Provided entries section start

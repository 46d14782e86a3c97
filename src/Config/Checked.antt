-- ===== src/Config/Checked.antt =====
-- What `LoadConfig` guarantees of the settings it returns.
use osb_opengauss_go.Prelude.{
  ◌≡◌, ◌≢◌, refl, subst, Bool, true, false, ◌&&◌, ◌||◌, not, [], ◌∷◌, Text, arith, codes, text_eq,
  text_eq_iff, All, ◌==◌, pos,
}
use osb_opengauss_go.Result.{ok, ok-injective, bind-eq-ok, fail_if-eq-ok}
use osb_opengauss_go.Names.{is_name_byte}
use osb_opengauss_go.Names.Bounds.{IsNameByte, IsIdentifier}
use osb_opengauss_go.Config.{
  Config, Environment, all_bytes, matches_name_prefix, matches_location_prefix, env_int, settings,
  check_config, load_config, is_lower, is_digit,
}

-- Settings that the rest of the program may rely on.
pub record IsChecked (cfg : Config) : Type 0 where
  pub name_prefix : IsIdentifier 30 cfg.name_prefix
  pub location_prefix : matches_location_prefix cfg.tablespace_prefix ≡ true
  pub password : cfg.broker_password ≢ []
  pub rotation : cfg.encryption_key_previous ≢ [] → cfg.encryption_key ≢ []

not-false : (b : Bool) → not b ≡ false → b ≡ true
not-false true h = refl
not-false false h = cc

prefix_bytes :
    (s : Text) → all_bytes (λ d. is_lower d || is_digit d || d == b'_') s ≡ true → All IsNameByte s
unfolding all_bytes is_name_byte
prefix_bytes [] h = tt
prefix_bytes (c ∷ s) h = (ground arith, prefix_bytes s (ground arith))

prefix-IsIdentifier : (s : Text) → matches_name_prefix s ≡ true → IsIdentifier 30 s
unfolding matches_name_prefix
prefix-IsIdentifier [] h = absurd cc
prefix-IsIdentifier (c ∷ s) h =
    (ground arith, ground arith, prefix_bytes s (ground arith), ground arith)

check_config-IsChecked : (cfg checked : Config) → check_config cfg ≡ ok checked → IsChecked checked
unfolding check_config
check_config-IsChecked cfg checked h =
    let (location, h1) =
      fail_if-eq-ok (not (matches_location_prefix cfg.tablespace_prefix)) _ _ h in
    let (name, h2) = fail_if-eq-ok (not (matches_name_prefix cfg.name_prefix)) _ _ h1 in
    let (password, h3) = fail_if-eq-ok (text_eq cfg.broker_password []) _ _ h2 in
    let (rotation, h4) =
      fail_if-eq-ok (not (text_eq cfg.encryption_key_previous []) && text_eq cfg.encryption_key [])
        _ _ h3 in
    subst IsChecked (ok-injective h4) (record {
      name_prefix = prefix-IsIdentifier cfg.name_prefix (not-false _ name);
      location_prefix = not-false _ location;
      password = λ e. ground (arith, text_eq_iff cfg.broker_password []);
      rotation = λ previous e.
          ground
            (arith, text_eq_iff cfg.encryption_key [], text_eq_iff cfg.encryption_key_previous []);
    })

-- Whatever the environment is, settings that `LoadConfig` returns have a name prefix that is an
-- identifier of at most 30 bytes, a tablespace location prefix that is one segment of a path (1 to
-- 32 letters, digits, hyphens and underscores), a password, and, where they have a previous
-- encryption key, an encryption key.
pub load_config-IsChecked :
    (environment : Environment) (cfg : Config) → load_config environment ≡ ok cfg → IsChecked cfg
unfolding load_config
load_config-IsChecked environment cfg h =
    let (db_port, e1, h1) =
      bind-eq-ok (env_int environment (codes "GAUSSDB_PORT") (pos 5432)) _ h in
    let (conn_timeout, e2, h2) =
      bind-eq-ok (env_int environment (codes "GAUSSDB_CONNECT_TIMEOUT") (pos 10)) _ h1 in
    let (broker_port, e3, h3) =
      bind-eq-ok (env_int environment (codes "BROKER_PORT") (pos 5000)) _ h2 in
    check_config-IsChecked (settings environment db_port conn_timeout broker_port) cfg h3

Provided entries section end

> **What to do**
Output the lines of the records above exactly as they appear, from the line containing "let (password, h3)" through the line containing "let (conn_timeout, e2, h2)".

> **Answer to this problem**
    let (password, h3) = fail_if-eq-ok (text_eq cfg.broker_password []) _ _ h2 in
    let (rotation, h4) =
      fail_if-eq-ok (not (text_eq cfg.encryption_key_previous []) && text_eq cfg.encryption_key [])
        _ _ h3 in
    subst IsChecked (ok-injective h4) (record {
      name_prefix = prefix-IsIdentifier cfg.name_prefix (not-false _ name);
      location_prefix = not-false _ location;
      password = λ e. ground (arith, text_eq_iff cfg.broker_password []);
      rotation = λ previous e.
          ground
            (arith, text_eq_iff cfg.encryption_key [], text_eq_iff cfg.encryption_key_previous []);
    })

-- Whatever the environment is, settings that `LoadConfig` returns have a name prefix that is an
-- identifier of at most 30 bytes, a tablespace location prefix that is one segment of a path (1 to
-- 32 letters, digits, hyphens and underscores), a password, and, where they have a previous
-- encryption key, an encryption key.
pub load_config-IsChecked :
    (environment : Environment) (cfg : Config) → load_config environment ≡ ok cfg → IsChecked cfg
unfolding load_config
load_config-IsChecked environment cfg h =
    let (db_port, e1, h1) =
      bind-eq-ok (env_int environment (codes "GAUSSDB_PORT") (pos 5432)) _ h in
    let (conn_timeout, e2, h2) =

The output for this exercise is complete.